Segment Start: MATERIAL TO PROCESS

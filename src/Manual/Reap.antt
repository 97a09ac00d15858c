-- ===== src/Manual/Reap.antt =====
-- read_from_cq of example/omp_io_uring_manual.c: what is printed for the completions on the ring.
use io_uring_example.Base.{
  ℕ, suc, ◌+◌, ◌≤◌, ◌<◌, ◌^◌, ◌≡◌, refl, sym, ◌∙◌, true, false, Option, some, List, [], ◌∷◌, ◌++◌,
  append_assoc, append-nil, length, length-append, get_elem?, take, flatten, All, arith, done,
  le→leb, ◌==◌, u32, pos,
}
use io_uring_example.Reader.{AppIoCqRing, Submitter, Iovc, World, update}
use io_uring_example.Reader.Spec.{entries}
use io_uring_example.Reader.Open.{count_blocks}
use io_uring_example.Manual.{print_blocks, cqe_at, reap_loop, read_from_cq}

-- the bytes of the blocks, of each as many as its iov_len says
abbrev pub sized : List Iovc → List ℕ
sized [] = []
sized (v ∷ vs) = take v.buffer_size v.buffer ++ sized vs

-- no iov_len is more than the block holds
abbrev pub AreSized : List Iovc → Type 0
AreSized vs = All (λ v. v.buffer_size ≤ length v.buffer) vs

entry_at :
    (ds : List Iovc) (v : Iovc) (vs : List Iovc)
    → get_elem? (entries (ds ++ v ∷ vs)) (length ds) ≡ some (some v)
entry_at [] v vs = refl
entry_at (d ∷ ds) v vs = entry_at ds v vs

print_round :
    (left i : ℕ) (iovecs : List (Option Iovc)) (output : List ℕ) (v : Iovc)
    → get_elem? iovecs i ≡ some (some v)
    → v.buffer_size ≤ length v.buffer
    → print_blocks (suc left) i iovecs output
      ≡ print_blocks left (i + 1) iovecs (output ++ take v.buffer_size v.buffer)
unfolding print_blocks
print_round left i iovecs output v e h = rw (e, le→leb v.buffer_size (length v.buffer) h)

pub print_blocks_lem :
    (ds vs : List Iovc) (output : List ℕ)
    → AreSized vs
    → print_blocks (length vs) (length ds) (entries (ds ++ vs)) output ≡ done (output ++ sized vs)
unfolding print_blocks
print_blocks_lem ds [] output h = rw (append-nil output)
print_blocks_lem ds (v ∷ vs) output h =
    let place : length ds + 1 ≡ length (ds ++ v ∷ []) = omega (arith, length-append ds (v ∷ [])) in
    print_round (length vs) (length ds) (entries (ds ++ v ∷ vs)) output v (entry_at ds v vs) h.0
    ∙ rw
        (
          place,
          sym (append_assoc ds (v ∷ []) vs),
          sym (append_assoc output (take v.buffer_size v.buffer) (sized vs)),
        )
        (print_blocks_lem (ds ++ v ∷ []) vs (output ++ take v.buffer_size v.buffer) h.1)

-- The memory holds at `address` a file whose blocks hold these bytes.
pub record HoldsBytes (b : ℕ) (w : World) (bytes : List ℕ) (address : ℕ) : Type 0 where
  pub file_sz : ℕ
  pub vs : List Iovc
  pub stored : w.file_info address ≡ some (record { file_sz = file_sz; iovecs = entries vs })
  pub count : count_blocks b file_sz ≡ pos (length vs)
  pub sizes : AreSized vs
  pub held : bytes ≡ sized vs

-- From `head` on there is a completion for each of the files.
abbrev pub AreCompleted : ℕ → World → AppIoCqRing → ℕ → List (List ℕ) → Type 0
AreCompleted b w cring head [] = Unit
AreCompleted b w cring head (bytes ∷ files) =
    HoldsBytes b w bytes (cqe_at w cring head).user_data
    × AreCompleted b w cring (u32 (head + 1)) files

reap_round :
    (fuel b : ℕ) (w : World) (cring : AppIoCqRing) (loads : ℕ → ℕ) (k head : ℕ)
    (output bytes : List ℕ)
    → HoldsBytes b w bytes (cqe_at w cring head).user_data
    → (head == loads k) ≡ false
    → reap_loop (suc fuel) b w cring loads k head output
      ≡ reap_loop fuel b w cring loads (k + 1) (u32 (head + 1)) (output ++ bytes)
unfolding reap_loop
reap_round fuel b w cring loads k head output bytes h d =
    rw (d, h.stored, h.count, print_blocks_lem [] h.vs output h.sizes, h.held)

reap_end :
    (fuel b : ℕ) (w : World) (cring : AppIoCqRing) (loads : ℕ → ℕ) (k head : ℕ) (output : List ℕ)
    → (head == loads k) ≡ true
    → reap_loop (suc fuel) b w cring loads k head output ≡ done (head, output)
unfolding reap_loop
reap_end fuel b w cring loads k head output d = rw d

reap_loop_lem :
    (b : ℕ) (w : World) (cring : AppIoCqRing) (loads : ℕ → ℕ) (files : List (List ℕ)) (k head : ℕ)
    (output : List ℕ)
    → AreCompleted b w cring head files
    → head < 2 ^ 32
    → length files < 2 ^ 32
    → ((j : ℕ) → loads j ≡ u32 (head + length files))
    → reap_loop (suc (length files)) b w cring loads k head output
      ≡ done (u32 (head + length files), output ++ flatten files)
reap_loop_lem b w cring loads [] k head output h small few tail =
    let stays : u32 (head + 0) ≡ head = omega arith in
    rw (stays, append-nil output)
      (reap_end 0 b w cring loads k head output (ground (arith, tail k)))
reap_loop_lem b w cring loads (bytes ∷ files) k head output h small few tail =
    let moved : u32 (u32 (head + 1) + length files) ≡ u32 (head + suc (length files)) =
      omega arith in
    reap_round (suc (length files)) b w cring loads k head output bytes h.0 (ground (arith, tail k))
    ∙ rw (sym moved, sym (append_assoc output bytes (flatten files)))
        (reap_loop_lem b w cring loads files (k + 1) (u32 (head + 1)) (output ++ bytes) h.1
          (omega arith) (omega arith) (λ j. tail j ∙ sym moved))

module _ (b : ℕ) (w : World) (s : Submitter) (loads : ℕ → ℕ) (files : List (List ℕ))
    (completed : AreCompleted b w s.cq_ring (w.word s.cq_ring.head) files)
    (word : w.word s.cq_ring.head < 2 ^ 32) (few : length files < 2 ^ 32)
    (tail : (j : ℕ) → loads j ≡ u32 (w.word s.cq_ring.head + length files)) where
  abbrev pub reaped : World
  reaped = record w {
    word = update w.word s.cq_ring.head (u32 (w.word s.cq_ring.head + length files));
  }

  -- With a completion on the ring for each of some files, below 2 ^ 32 of them, and a tail that stands
  -- behind them and stays there: read_from_cq returns within a round for each and one more, prints the
  -- bytes that the files' blocks hold, in order, and only moves the head, to the tail.
  pub read_from_cq-prints :
      (read_from_cq (suc (length files)) b w s loads ≡ done (flatten files, reaped))
      × (reaped.word s.cq_ring.head ≡ loads 0)
  unfolding read_from_cq
  read_from_cq-prints = (
    rw
        (reap_loop_lem b w s.cq_ring loads files 1 (w.word s.cq_ring.head) [] completed word few
          tail)
        refl,
    ground (arith, tail 0),
  )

Segment End: MATERIAL TO PROCESS

» **TASK REQUIREMENTS**
At the line containing "-- behind them", start copying. Continue exactly through the final line of the entries above and stop there.

» **COMPLETED EXERCISE**
  -- behind them and stays there: read_from_cq returns within a round for each and one more, prints the
  -- bytes that the files' blocks hold, in order, and only moves the head, to the tail.
  pub read_from_cq-prints :
      (read_from_cq (suc (length files)) b w s loads ≡ done (flatten files, reaped))
      × (reaped.word s.cq_ring.head ≡ loads 0)
  unfolding read_from_cq
  read_from_cq-prints = (
    rw
        (reap_loop_lem b w s.cq_ring loads files 1 (w.word s.cq_ring.head) [] completed word few
          tail)
        refl,
    ground (arith, tail 0),
  )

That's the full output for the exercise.